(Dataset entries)

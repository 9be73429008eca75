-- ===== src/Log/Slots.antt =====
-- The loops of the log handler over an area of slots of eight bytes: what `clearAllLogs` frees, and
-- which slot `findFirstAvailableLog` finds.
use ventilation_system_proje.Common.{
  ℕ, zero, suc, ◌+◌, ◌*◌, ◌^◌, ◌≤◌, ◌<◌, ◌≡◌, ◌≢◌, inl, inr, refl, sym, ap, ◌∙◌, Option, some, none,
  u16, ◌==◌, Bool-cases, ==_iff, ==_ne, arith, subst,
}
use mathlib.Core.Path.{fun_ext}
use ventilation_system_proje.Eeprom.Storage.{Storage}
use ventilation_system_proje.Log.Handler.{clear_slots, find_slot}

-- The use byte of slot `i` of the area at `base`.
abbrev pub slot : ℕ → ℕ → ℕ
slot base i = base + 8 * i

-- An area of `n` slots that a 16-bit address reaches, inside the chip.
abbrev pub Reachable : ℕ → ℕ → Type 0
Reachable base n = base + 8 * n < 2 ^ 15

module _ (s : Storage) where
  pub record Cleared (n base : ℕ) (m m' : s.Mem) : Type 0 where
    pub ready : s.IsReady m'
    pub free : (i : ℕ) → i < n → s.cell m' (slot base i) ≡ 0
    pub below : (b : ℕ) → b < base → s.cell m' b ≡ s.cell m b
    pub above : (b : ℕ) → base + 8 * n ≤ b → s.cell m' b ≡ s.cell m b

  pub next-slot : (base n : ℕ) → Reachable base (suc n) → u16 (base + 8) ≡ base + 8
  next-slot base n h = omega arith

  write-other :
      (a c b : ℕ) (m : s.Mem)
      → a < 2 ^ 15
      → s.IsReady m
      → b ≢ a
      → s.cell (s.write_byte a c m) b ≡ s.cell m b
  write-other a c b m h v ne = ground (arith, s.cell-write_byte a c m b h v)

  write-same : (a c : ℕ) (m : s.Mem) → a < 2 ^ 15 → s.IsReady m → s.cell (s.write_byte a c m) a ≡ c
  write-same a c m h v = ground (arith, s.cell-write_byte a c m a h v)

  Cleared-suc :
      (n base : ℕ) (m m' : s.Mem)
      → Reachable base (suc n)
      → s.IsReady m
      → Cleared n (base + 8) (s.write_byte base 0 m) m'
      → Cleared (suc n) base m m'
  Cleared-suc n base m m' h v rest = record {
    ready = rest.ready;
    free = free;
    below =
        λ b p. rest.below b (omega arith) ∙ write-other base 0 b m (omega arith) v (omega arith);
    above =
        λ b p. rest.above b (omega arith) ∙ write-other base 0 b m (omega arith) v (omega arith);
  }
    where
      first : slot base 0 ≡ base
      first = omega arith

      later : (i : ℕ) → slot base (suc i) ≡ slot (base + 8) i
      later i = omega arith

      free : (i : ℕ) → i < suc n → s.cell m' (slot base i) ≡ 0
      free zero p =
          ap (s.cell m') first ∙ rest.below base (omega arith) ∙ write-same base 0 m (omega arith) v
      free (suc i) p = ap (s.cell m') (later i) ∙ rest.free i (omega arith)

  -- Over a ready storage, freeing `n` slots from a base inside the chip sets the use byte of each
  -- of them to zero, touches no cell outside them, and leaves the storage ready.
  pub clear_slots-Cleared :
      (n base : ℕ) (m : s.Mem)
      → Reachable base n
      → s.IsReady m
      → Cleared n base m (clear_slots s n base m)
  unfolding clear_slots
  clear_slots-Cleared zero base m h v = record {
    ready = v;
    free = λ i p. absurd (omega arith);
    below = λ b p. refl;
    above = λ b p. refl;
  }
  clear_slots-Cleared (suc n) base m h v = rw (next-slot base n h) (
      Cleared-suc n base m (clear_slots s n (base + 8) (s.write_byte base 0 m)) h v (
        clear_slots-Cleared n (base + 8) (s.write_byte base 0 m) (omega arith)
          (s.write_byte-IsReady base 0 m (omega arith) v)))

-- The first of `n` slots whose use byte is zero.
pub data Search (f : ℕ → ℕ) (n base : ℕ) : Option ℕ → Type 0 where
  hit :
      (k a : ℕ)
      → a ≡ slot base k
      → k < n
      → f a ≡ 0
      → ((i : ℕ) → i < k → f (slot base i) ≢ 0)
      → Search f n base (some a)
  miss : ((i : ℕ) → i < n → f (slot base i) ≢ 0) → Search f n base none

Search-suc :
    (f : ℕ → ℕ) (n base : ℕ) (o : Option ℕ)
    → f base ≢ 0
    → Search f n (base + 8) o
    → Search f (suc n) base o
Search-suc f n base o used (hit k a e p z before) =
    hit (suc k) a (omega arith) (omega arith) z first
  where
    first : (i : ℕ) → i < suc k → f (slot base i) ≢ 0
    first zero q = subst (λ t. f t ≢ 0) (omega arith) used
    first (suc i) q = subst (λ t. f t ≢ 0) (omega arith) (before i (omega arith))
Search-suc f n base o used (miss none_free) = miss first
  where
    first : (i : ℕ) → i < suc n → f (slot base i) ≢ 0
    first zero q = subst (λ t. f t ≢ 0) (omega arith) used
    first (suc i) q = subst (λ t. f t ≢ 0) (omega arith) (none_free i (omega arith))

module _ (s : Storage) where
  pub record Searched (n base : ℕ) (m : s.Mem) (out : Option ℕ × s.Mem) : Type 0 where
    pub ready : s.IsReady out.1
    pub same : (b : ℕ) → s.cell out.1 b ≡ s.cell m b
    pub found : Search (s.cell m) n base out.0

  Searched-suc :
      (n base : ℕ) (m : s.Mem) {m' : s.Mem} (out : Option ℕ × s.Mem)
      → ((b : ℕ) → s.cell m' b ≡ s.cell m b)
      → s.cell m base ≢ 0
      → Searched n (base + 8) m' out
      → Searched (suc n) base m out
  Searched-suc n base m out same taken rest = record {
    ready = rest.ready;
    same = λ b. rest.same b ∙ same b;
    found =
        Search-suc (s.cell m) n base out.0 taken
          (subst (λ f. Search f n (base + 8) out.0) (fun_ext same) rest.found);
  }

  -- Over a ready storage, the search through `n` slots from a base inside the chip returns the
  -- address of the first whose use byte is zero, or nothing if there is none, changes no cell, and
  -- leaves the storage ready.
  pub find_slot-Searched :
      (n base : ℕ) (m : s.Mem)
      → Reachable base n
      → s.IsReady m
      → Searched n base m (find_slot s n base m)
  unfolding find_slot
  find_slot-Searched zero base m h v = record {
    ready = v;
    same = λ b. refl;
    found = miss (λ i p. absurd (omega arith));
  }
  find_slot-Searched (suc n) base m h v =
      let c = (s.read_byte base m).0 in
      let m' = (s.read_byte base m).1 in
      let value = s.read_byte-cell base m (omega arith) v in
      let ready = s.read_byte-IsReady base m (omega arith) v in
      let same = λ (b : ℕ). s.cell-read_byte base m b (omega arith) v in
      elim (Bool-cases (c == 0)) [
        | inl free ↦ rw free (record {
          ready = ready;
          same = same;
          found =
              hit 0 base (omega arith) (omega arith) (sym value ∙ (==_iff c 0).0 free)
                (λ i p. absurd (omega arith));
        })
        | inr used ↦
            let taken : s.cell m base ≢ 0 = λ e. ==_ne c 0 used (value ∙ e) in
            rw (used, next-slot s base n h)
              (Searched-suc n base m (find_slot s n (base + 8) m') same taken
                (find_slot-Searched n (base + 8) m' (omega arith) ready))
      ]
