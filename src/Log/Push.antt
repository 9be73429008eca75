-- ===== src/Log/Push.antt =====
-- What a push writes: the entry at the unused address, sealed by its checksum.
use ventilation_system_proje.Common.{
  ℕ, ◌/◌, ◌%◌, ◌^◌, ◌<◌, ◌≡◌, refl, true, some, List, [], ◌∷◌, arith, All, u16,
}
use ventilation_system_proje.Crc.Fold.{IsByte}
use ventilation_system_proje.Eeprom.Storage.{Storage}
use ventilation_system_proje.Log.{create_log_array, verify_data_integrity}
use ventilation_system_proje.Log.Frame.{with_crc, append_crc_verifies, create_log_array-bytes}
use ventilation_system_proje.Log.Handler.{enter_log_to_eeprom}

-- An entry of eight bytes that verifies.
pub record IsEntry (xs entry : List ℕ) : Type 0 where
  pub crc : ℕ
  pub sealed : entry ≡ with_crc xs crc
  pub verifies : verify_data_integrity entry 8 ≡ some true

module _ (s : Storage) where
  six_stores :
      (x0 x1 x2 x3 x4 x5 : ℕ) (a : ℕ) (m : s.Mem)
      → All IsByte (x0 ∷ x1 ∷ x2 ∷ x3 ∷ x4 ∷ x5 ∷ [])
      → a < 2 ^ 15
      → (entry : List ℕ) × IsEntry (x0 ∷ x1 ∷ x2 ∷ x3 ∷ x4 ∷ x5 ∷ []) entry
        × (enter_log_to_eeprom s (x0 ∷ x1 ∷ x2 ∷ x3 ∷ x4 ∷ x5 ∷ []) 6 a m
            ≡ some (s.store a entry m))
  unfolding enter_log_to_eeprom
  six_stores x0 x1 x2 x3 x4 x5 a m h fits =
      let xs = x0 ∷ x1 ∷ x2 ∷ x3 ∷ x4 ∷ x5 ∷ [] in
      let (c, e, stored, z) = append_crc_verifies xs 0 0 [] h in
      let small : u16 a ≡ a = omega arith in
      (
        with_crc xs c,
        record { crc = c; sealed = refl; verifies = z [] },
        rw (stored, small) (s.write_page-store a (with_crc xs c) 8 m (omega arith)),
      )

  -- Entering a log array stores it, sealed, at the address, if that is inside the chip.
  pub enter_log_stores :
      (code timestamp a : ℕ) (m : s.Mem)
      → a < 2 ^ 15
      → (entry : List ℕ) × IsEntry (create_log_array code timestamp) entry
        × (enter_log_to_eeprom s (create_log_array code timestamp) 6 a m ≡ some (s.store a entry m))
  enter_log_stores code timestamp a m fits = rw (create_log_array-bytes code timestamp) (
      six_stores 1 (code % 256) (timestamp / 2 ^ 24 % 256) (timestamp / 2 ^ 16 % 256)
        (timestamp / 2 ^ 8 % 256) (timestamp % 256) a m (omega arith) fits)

▶ **Work to complete**:
Retype, exactly and in full, the lines above from the one containing "-- leaves the storage ready." through the one containing "-- ===== src/Log/Push.antt".

▶ **Answer section**:
  -- leaves the storage ready.
  pub find_slot-Searched :
      (n base : ℕ) (m : s.Mem)
      → Reachable base n
      → s.IsReady m
      → Searched n base m (find_slot s n base m)
  unfolding find_slot
  find_slot-Searched zero base m h v = record {
    ready = v;
    same = λ b. refl;
    found = miss (λ i p. absurd (omega arith));
  }
  find_slot-Searched (suc n) base m h v =
      let c = (s.read_byte base m).0 in
      let m' = (s.read_byte base m).1 in
      let value = s.read_byte-cell base m (omega arith) v in
      let ready = s.read_byte-IsReady base m (omega arith) v in
      let same = λ (b : ℕ). s.cell-read_byte base m b (omega arith) v in
      elim (Bool-cases (c == 0)) [
        | inl free ↦ rw free (record {
          ready = ready;
          same = same;
          found =
              hit 0 base (omega arith) (omega arith) (sym value ∙ (==_iff c 0).0 free)
                (λ i p. absurd (omega arith));
        })
        | inr used ↦
            let taken : s.cell m base ≢ 0 = λ e. ==_ne c 0 used (value ∙ e) in
            rw (used, next-slot s base n h)
              (Searched-suc n base m (find_slot s n (base + 8) m') same taken
                (find_slot-Searched n (base + 8) m' (omega arith) ready))
      ]
filename src/Log/Push.antt
repository 9be73429008eca75
-- ===== src/Log/Push.antt =====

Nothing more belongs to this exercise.